(Beginning of MATERIAL TO PROCESS)

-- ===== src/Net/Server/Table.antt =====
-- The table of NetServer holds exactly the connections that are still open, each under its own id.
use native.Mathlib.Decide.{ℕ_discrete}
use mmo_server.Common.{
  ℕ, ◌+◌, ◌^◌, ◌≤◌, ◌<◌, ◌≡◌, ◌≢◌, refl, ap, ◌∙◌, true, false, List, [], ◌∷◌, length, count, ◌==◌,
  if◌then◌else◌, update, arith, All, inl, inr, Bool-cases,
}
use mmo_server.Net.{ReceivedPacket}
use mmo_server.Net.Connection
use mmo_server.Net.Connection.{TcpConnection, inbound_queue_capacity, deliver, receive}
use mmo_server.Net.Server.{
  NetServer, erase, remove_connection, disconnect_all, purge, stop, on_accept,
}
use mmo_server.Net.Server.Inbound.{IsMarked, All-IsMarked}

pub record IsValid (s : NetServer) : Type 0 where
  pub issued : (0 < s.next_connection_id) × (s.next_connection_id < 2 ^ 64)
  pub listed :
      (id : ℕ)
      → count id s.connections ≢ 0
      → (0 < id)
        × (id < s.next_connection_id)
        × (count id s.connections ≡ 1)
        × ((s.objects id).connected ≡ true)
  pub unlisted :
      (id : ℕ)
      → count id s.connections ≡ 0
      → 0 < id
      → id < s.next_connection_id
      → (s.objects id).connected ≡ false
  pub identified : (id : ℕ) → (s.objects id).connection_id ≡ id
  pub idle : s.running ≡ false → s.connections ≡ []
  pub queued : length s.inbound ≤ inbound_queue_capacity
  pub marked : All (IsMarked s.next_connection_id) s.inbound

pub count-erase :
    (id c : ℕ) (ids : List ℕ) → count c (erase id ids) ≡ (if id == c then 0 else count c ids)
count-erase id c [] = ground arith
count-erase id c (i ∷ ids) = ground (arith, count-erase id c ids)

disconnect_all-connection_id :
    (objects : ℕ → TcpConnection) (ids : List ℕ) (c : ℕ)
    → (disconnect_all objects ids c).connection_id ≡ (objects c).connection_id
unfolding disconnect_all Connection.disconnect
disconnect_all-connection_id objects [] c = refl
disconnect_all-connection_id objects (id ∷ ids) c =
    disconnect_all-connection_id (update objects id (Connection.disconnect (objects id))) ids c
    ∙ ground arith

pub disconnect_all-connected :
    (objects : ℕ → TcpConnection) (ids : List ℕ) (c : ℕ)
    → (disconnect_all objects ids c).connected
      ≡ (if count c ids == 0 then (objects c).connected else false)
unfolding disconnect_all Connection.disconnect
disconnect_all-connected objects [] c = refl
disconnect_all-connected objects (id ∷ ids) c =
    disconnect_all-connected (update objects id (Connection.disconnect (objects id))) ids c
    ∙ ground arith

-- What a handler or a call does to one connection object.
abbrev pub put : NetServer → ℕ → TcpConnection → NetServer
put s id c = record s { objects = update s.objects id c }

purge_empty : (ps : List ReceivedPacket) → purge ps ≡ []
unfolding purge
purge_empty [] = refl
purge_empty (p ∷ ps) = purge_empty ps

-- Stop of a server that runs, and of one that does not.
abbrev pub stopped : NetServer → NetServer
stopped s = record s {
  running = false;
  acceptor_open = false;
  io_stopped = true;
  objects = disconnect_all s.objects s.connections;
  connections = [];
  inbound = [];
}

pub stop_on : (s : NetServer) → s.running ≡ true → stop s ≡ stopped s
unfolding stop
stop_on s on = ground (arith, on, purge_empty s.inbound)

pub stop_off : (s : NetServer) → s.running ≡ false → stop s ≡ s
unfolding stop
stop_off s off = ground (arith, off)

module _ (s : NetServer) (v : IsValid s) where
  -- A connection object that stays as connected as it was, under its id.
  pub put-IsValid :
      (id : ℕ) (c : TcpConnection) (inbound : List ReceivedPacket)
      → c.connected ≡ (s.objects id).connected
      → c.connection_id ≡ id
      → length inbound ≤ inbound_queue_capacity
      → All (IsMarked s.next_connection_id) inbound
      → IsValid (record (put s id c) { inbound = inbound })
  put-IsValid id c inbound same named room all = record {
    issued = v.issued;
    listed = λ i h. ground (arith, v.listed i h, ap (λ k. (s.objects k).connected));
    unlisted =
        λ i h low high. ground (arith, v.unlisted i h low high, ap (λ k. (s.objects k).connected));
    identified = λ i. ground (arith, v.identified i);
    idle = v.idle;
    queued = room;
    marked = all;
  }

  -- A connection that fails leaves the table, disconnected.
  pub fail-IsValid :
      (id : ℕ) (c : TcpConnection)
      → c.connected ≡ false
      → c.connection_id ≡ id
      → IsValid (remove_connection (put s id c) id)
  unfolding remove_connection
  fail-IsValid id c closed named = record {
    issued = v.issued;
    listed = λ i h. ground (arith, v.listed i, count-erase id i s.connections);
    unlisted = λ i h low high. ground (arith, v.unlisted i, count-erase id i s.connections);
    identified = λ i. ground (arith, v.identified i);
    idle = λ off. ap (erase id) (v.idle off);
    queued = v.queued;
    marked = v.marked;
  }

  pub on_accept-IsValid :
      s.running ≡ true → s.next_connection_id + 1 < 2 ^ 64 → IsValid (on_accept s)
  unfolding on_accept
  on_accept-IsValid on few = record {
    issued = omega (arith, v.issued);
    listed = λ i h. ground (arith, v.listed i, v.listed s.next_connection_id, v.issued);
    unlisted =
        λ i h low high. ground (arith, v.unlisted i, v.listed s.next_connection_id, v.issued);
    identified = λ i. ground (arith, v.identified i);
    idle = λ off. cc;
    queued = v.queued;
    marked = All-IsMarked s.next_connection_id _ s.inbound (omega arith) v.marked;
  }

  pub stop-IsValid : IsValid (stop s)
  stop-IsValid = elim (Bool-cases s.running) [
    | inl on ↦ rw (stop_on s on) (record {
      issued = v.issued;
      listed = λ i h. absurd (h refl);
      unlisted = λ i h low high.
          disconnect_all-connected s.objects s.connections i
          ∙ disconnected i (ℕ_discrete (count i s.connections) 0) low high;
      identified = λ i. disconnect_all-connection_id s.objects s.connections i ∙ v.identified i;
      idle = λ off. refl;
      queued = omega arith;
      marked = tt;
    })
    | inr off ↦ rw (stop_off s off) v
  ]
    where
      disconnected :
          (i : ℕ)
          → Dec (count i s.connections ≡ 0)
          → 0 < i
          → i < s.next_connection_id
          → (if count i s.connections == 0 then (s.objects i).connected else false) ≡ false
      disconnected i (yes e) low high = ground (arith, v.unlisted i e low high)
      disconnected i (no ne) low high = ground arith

(End of MATERIAL TO PROCESS)

**ASSIGNED TASK**.
When you come to the line containing "id).connected ≡ false", give it and stop; before that, repeat each line of the material exactly from the first one.

**ANSWER BOX**.
-- ===== src/Net/Server/Table.antt =====
-- The table of NetServer holds exactly the connections that are still open, each under its own id.
use native.Mathlib.Decide.{ℕ_discrete}
use mmo_server.Common.{
  ℕ, ◌+◌, ◌^◌, ◌≤◌, ◌<◌, ◌≡◌, ◌≢◌, refl, ap, ◌∙◌, true, false, List, [], ◌∷◌, length, count, ◌==◌,
  if◌then◌else◌, update, arith, All, inl, inr, Bool-cases,
}
use mmo_server.Net.{ReceivedPacket}
use mmo_server.Net.Connection
use mmo_server.Net.Connection.{TcpConnection, inbound_queue_capacity, deliver, receive}
use mmo_server.Net.Server.{
  NetServer, erase, remove_connection, disconnect_all, purge, stop, on_accept,
}
use mmo_server.Net.Server.Inbound.{IsMarked, All-IsMarked}

pub record IsValid (s : NetServer) : Type 0 where
  pub issued : (0 < s.next_connection_id) × (s.next_connection_id < 2 ^ 64)
  pub listed :
      (id : ℕ)
      → count id s.connections ≢ 0
      → (0 < id)
        × (id < s.next_connection_id)
        × (count id s.connections ≡ 1)
        × ((s.objects id).connected ≡ true)
  pub unlisted :
      (id : ℕ)
      → count id s.connections ≡ 0
      → 0 < id
      → id < s.next_connection_id
      → (s.objects id).connected ≡ false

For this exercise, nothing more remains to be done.